The storage areas ordered by the shift register 12 and the LED drive circuits 11 are associated one-to-one, and light emission data stored in each storage area is stored in a register (storage circuit) of each LED drive circuit 11. Is done.
The LED control device 10 is provided with a signal value detection circuit 21. The signal value detection circuit 21 is connected to a switching terminal 54 and a power supply voltage terminal 57, and a control signal that takes a low voltage, a high voltage, or a super voltage is input from the switching terminal 54, and from the power supply voltage terminal 57. The power supply voltage Vcc is input.

Inside the LED drive circuit 11, a reference current circuit 30, a connection control circuit 26, and a variable constant current circuit 25 are provided.
A logic circuit 34 is provided in the connection control circuit 26, and the signal value detection circuit 21 has a low voltage or a high voltage when the control signal input to the switching terminal 54 is a voltage as described later. In addition, a mode switching signal for designating the normal mode is output, and when the input control signal is a super voltage, a mode switching signal for designating the test mode is output to the logic circuit 34.

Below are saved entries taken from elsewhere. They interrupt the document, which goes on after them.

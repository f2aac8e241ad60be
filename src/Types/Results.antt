-- ===== src/Types/Results.antt =====
-- The types of what `then`, `next`, `async` and a packaged_made task make: that of the future which is
-- returned, and that of the result's state.
use portable_concurrency.Prelude.{
  Bool, true, false, Option, none, some, List, [], ◌∷◌, if◌then◌else◌,
}
use mathlib.Core.Option
use portable_concurrency.Types.{
  CppType, void, constant, reference, same_type, future, shared_future, is_future, is_void,
  is_reference, remove_future, add_future, get_result_type, Invocable, cnt_result, promise_arg,
}

pub record Made : Type 0 where
  pub returned : CppType
  pub state : CppType

-- The operations that attach a function, with the argument that it is called with.
pub data Attachment : Type 0 where
  unique_then unique_next shared_then shared_next : Attachment

abbrev pub argument : Attachment → CppType → CppType
argument unique_then t = future t
argument unique_next t = t
argument shared_then t = shared_future t
argument shared_next t = get_result_type t

-- `cnt_future_t` and `result_type`, from one `cnt_result_t`.
abbrev pub made_of : CppType → Made
made_of r = record { returned = add_future r; state = remove_future r }

unfoldable pub attached : Attachment → Invocable → CppType → Option Made
attached a f t = Option.map made_of (cnt_result f (argument a t))

-- The interruptible `then`: `result_type` is what the promise is of.
abbrev pub promised : CppType → Made
promised r = record { returned = add_future r; state = r }

unfoldable pub attached_interruptible : Invocable → CppType → Option Made
attached_interruptible f t = Option.map promised (promise_arg f t)

abbrev pub value_type : CppType → Option CppType
value_type (future t) = some t
value_type (shared_future t) = some t
value_type _ = none

-- `packaged_task<R(A...)>`, and `async`: `result_type` is `add_future_t<R>::value_type`.
unfoldable pub packaged_made : CppType → Option Made
packaged_made r =
    Option.map (λ s. record { returned = add_future r; state = s }) (value_type (add_future r))

unfoldable pub asynchronous : Invocable → List CppType → Option Made
asynchronous f args = Option.bind (f.invoke_result args) packaged_made

-- The overloads of `set_state_value`.
pub data Setter : Type 0 where
  sets_object sets_reference unwraps_reference sets_void unwraps_void : Setter

abbrev reference_setter : Bool → Setter
reference_setter true = unwraps_reference
reference_setter false = sets_reference

abbrev void_setter : Bool → Setter
void_setter true = sets_void
void_setter false = unwraps_void

abbrev pub setter_for : Bool → Bool → CppType → Setter
setter_for true b r = void_setter (is_void r)
setter_for false true r = reference_setter (is_future r)
setter_for false false r = sets_object

-- The one that is chosen for a state of type `s` and a function with the result `r`.
unfoldable pub setter : CppType → CppType → Setter
setter s r = setter_for (is_void s) (is_reference s) r

-- A future of the type `s`: what `shared_state<s>::unwrap` links into the state.
abbrev pub unwraps : CppType → CppType → Bool
unwraps s (future t) = same_type t s
unwraps s (shared_future t) = same_type t s
unwraps s _ = false

-- Whether its body compiles for a state of type `s` and the result `r`, which is not converted:
-- `auto &&res` and the `unwrap` that is found for it, `R &res`, a future to unwrap, or no result.
abbrev pub takes_result : Setter → CppType → CppType → Bool
takes_result sets_object s r = if is_future r then unwraps s r else same_type r s
takes_result sets_reference s r = same_type r s
takes_result unwraps_reference s r = unwraps s r
takes_result sets_void s r = is_void r
takes_result unwraps_void s r = unwraps s r

-- A call of a function that the library makes: from a continuation, or from a task.
pub data Call : Type 0 where
  attaching : Attachment → CppType → Call
  running : List CppType → Call

abbrev pub result : Call → Invocable → Option CppType
result (attaching a t) f = cnt_result f (argument a t)
result (running args) f = f.invoke_result args

abbrev pub made_by : Call → Invocable → Option Made
made_by (attaching a t) f = attached a f t
made_by (running args) f = asynchronous f args

-- How the result `r` gets into a state of type `s`: a continuation whose function returns a future
-- unwraps it (`UnwrappableContinuation`), all else is done by `set_state_value`.
abbrev pub delivers : Call → CppType → CppType → Bool
delivers (attaching a t) s r = if is_future r then unwraps s r else takes_result (setter s r) s r
delivers (running args) s r = takes_result (setter s r) s r

-- `cref_t`
abbrev add_const : CppType → CppType
add_const (constant t) = constant t
add_const (reference t) = reference t
add_const t = constant t

abbrev add_reference : CppType → CppType
add_reference (reference t) = reference t
add_reference t = reference t

abbrev pub cref : CppType → CppType
cref t = add_reference (add_const t)

-- The arguments that the functors of bits/then.hpp call their function with, and a task its own. The
-- stored reference_wrapper of a reference counts as the reference that it converts to.
abbrev pub passed_types : Call → List CppType
passed_types (attaching unique_then t) = future t ∷ []
passed_types (attaching shared_then t) = shared_future t ∷ []
passed_types (attaching unique_next void) = []
passed_types (attaching unique_next t) = t ∷ []
passed_types (attaching shared_next void) = []
passed_types (attaching shared_next t) = cref t ∷ []
passed_types (running args) = args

  The logic circuit 34 operates the connection control circuit 26 in the normal mode when the mode switching signal designating the normal mode is input, and tests the connection control circuit 26 when the mode switching signal designating the test mode is input. It is configured to operate in mode. As a result, the operation mode of the connection control circuit 26 can be switched by the control signal or the mode switching signal. Here, in the mode switching signal, the low voltage is set to the normal mode and the high voltage is set to the test mode.

  A plurality of constant current sources 35 are provided inside the variable constant current circuit 25. A switching circuit 33 is provided inside the connection control circuit 26, and each constant current source 35 is configured to be connected to either the reference current circuit 30 or the ground potential by the switching circuit 33. Yes. The switching circuit 33 is composed of, for example, two nMOS transistors connected in series. Depending on the logic state of the output signal of the logic circuit 34, one transistor is turned on and the other transistor is turned off. The midpoint of connection between the two nMOS transistors is connected to the gate terminal of the nMOS transistor constituting the constant current source 35.

The constant current sources 35 in one variable constant current circuit 25 are set so that the flowing currents are different, and the number of constant current sources 35 provided in one variable constant current circuit 25 is N. Assuming that each of the constant current sources 35 is an individual, 2 ⁿ (n is an integer from zero to N−1: 2 ⁰ , 2 ¹ ,... 2 ^{N− 1} ) The current is set to flow twice as large. When the constant current source 35 of the variable constant current circuit 25 and the reference current circuit 30 are connected by the switching circuit 33, a current mirror circuit is configured by the nMOS transistor in the constant current source 35 and the nMOS transistor in the reference current circuit 30. A predetermined current is supplied to the current output terminal 51 by the current mirror circuit.

When one or a plurality of constant current sources 35 are connected to the reference current circuit 30 by the switching circuit 33, a total current value flowing through each connected constant current source 35 is supplied from the current output terminal 51 to the variable constant current circuit. 25 is sucked into the interior. The current flows out to the ground terminal.
Here, six constant current sources 35 are provided, and are set so that constant currents having a magnification of 1, 2, 4, 8, 16, and 32 times the reference current can flow.

  The light emission data stored in the current value register 32 is composed of the same number of bits as the number of constant current sources 35. Each bit and the constant current source 35 are associated with each other one by one, and depending on the value of the light emission data. A desired constant current source 35 is configured to be connected to the reference current circuit 30.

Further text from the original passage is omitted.